Mi sarebbe anche piaciuto approfittare di questo post per festeggiare il decennale della nascita di Preti. Siccome ho iniziato a fare i primi disegni nel 2012, questo sarebbe stato proprio il momento giusto per festeggiare tutti insieme questa ricorrenza. Avevo portato anche le patatine.


Purtroppo però all'ultimo momento è intervenuto un piccolo contrattempo: aprendo la cartella di Preti ho scoperto che il primo disegno dei due personaggi non risale al 2012, ma al 2011. Per la precisione 7 aprile 2011. Eccolo qua:


E quindi niente, invece del decennale festeggeremo il centenario nel 2111. Questi sono gli inconvenienti di avere scelto il sistema decimale.
Ma rivediamo ancora un attimo questo disegno.



Ok, basta così.

I PRO VAX NON ESISTONO

Fra le cose orribili che ci ha regalato quest'ultima pandemia, oltre alla malattia e a tutti i vari provvedimenti per cercare di contenerla, ci sono i no vax.
Certo, i no vax esistevano anche prima, ma prima erano solo una delle tante categorie di svitati che si aggiravano su internet, insieme ai negazionisti della shoah, agli sciachimisti, agli undicisettembristi e alla gente che sostiene le qualità terapeutiche dell'urina; ora invece l'antivaccinismo è diventato mainstream e ha unito insieme tutta una variegata accozzaglia di paranoici, dando loro forza e forse anche un motivo per vivere.

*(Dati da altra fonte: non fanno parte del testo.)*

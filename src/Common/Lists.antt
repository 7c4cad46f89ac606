-- ===== src/Common/Lists.antt =====
-- Helpers on lists over the native numbers, and predicates by recursion.
use Prim.Native.Nat.{ℕ, zero, suc, ◌+◌}
use mathlib.Core.Path.{subst, ◌≡◌, refl}
use mathlib.Core.Bool.{Bool, true, false, ◌&&◌, ◌||◌}
use mathlib.Core.Option.{Option, none, some}
use mathlib.Core.List.{List, [], ◌∷◌, ◌++◌}
use mathlib.Core.Logic.{◌⊎◌, inl, inr}
use native.Mathlib.Omega.{arith}
use wilanis_js.Common.Tests.{Bool-cases}
use Prim.Native.String.{String}
use text.Mathlib.Text.{◌==◌}

module _ {ℓ} {A : Type ℓ} where
  abbrev pub length : List A → ℕ
  length [] = 0
  length (x ∷ xs) = suc (length xs)

  abbrev pub get_elem? : List A → ℕ → Option A
  get_elem? [] i = none
  get_elem? (x ∷ xs) zero = some x
  get_elem? (x ∷ xs) (suc i) = get_elem? xs i

  abbrev pub take : ℕ → List A → List A
  take zero xs = []
  take (suc n) [] = []
  take (suc n) (x ∷ xs) = x ∷ take n xs

  abbrev pub drop : ℕ → List A → List A
  drop zero xs = xs
  drop (suc n) [] = []
  drop (suc n) (x ∷ xs) = drop n xs

  pub length-append : (xs ys : List A) → length (xs ++ ys) ≡ length xs + length ys
  length-append [] ys = omega arith
  length-append (x ∷ xs) ys = omega (arith, length-append xs ys)

  -- `every` and `some` of an array
  abbrev pub every : (A → Bool) → List A → Bool
  every p [] = true
  every p (x ∷ xs) = p x && every p xs

  abbrev pub some_of : (A → Bool) → List A → Bool
  some_of p [] = false
  some_of p (x ∷ xs) = p x || some_of p xs

module _ {ℓ κ} {A : Type ℓ} (P : A → Type κ) where
  abbrev pub All : List A → Type κ
  All [] = Unit
  All (x ∷ xs) = P x × All xs

-- `a ?? b` on results where `none` is "nothing wrong": the first problem of two.
abbrev pub first {ℓ} : {A : Type ℓ} → Option A → Option A → Option A
first none b = b
first (some a) b = some a

-- `list.includes(text)`
abbrev pub includes : List String → String → Bool
includes [] text = false
includes (x ∷ xs) text = x == text || includes xs text

pub first-none {ℓ} : {A : Type ℓ} (a b : Option A) → first a b ≡ none → (a ≡ none) × (b ≡ none)
first-none none b h = (refl, h)
first-none (some a) b h = cc

pub first-both {ℓ} : {A : Type ℓ} (a b : Option A) → a ≡ none → b ≡ none → first a b ≡ none
first-both a b p q = rw (p, q)

pub All-append {ℓ κ} :
    {A : Type ℓ} (P : A → Type κ) (xs ys : List A) → All P xs → All P ys → All P (xs ++ ys)
All-append P [] ys h k = k
All-append P (x ∷ xs) ys h k = (h.0, All-append P xs ys h.1 k)

pub includes-append :
    (xs ys : List String) (k : String)
    → includes (xs ++ ys) k ≡ true
    → (includes xs k ≡ true) ⊎ (includes ys k ≡ true)
includes-append [] ys k h = inr h
includes-append (x ∷ xs) ys k h = elim (Bool-cases (x == k)) [
  | inl e ↦ inl (ground arith)
  | inr e ↦ elim (includes-append xs ys k (ground arith)) [
    | inl i ↦ inl (ground arith)
    | inr i ↦ inr i
  ]
]

pub All-take {ℓ κ} :
    {A : Type ℓ} (P : A → Type κ) (k : ℕ) (xs : List A) → All P xs → All P (take k xs)
All-take P zero xs h = tt
All-take P (suc k) [] h = tt
All-take P (suc k) (x ∷ xs) h = (h.0, All-take P k xs h.1)

pub All-map {ℓ κ κ'} :
    {A : Type ℓ} (P : A → Type κ) (Q : A → Type κ') (xs : List A)
    → ((x : A) → P x → Q x)
    → All P xs
    → All Q xs
All-map P Q [] f h = tt
All-map P Q (x ∷ xs) f h = (f x h.0, All-map P Q xs f h.1)

abbrev pub IsAmong : {A : Type 0} → A → List A → Type 0
IsAmong a [] = ⊥
IsAmong a (x ∷ xs) = (x ≡ a) ⊎ IsAmong a xs

pub All-at {κ} : {A : Type 0} (P : A → Type κ) (xs : List A) (a : A) → All P xs → IsAmong a xs → P a
All-at P [] a h i = absurd i
All-at P (x ∷ xs) a h (inl e) = subst P e h.0
All-at P (x ∷ xs) a h (inr i) = All-at P xs a h.1 i

pub All-drop {ℓ κ} :
    {A : Type ℓ} (P : A → Type κ) (k : ℕ) (xs : List A) → All P xs → All P (drop k xs)
All-drop P zero xs h = h
All-drop P (suc k) [] h = tt
All-drop P (suc k) (x ∷ xs) h = All-drop P k xs h.1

Prima del 2020 i no vax erano solo una delle tante attrazioni dello zoo internettiano, noti perlopiù solo agli appassionati di casi umani, ora invece ne parlano anche i TG e i loro deliri sono ripetuti in TV da una schiera di mitomani di professione. È come quando pensavi di essere speciale perché eri fra i pochi ad avere letto Il Signore degli Anelli e poi salta fuori quel buzzurro neozelandese e ci fa 136 film.
Con la promozione dei no vax dalla serie B dei flame online alla serie A dei talk show di cosiddetta informazione, si sono inevitabilmente create alcune banalizzazioni nel modo di descriverli.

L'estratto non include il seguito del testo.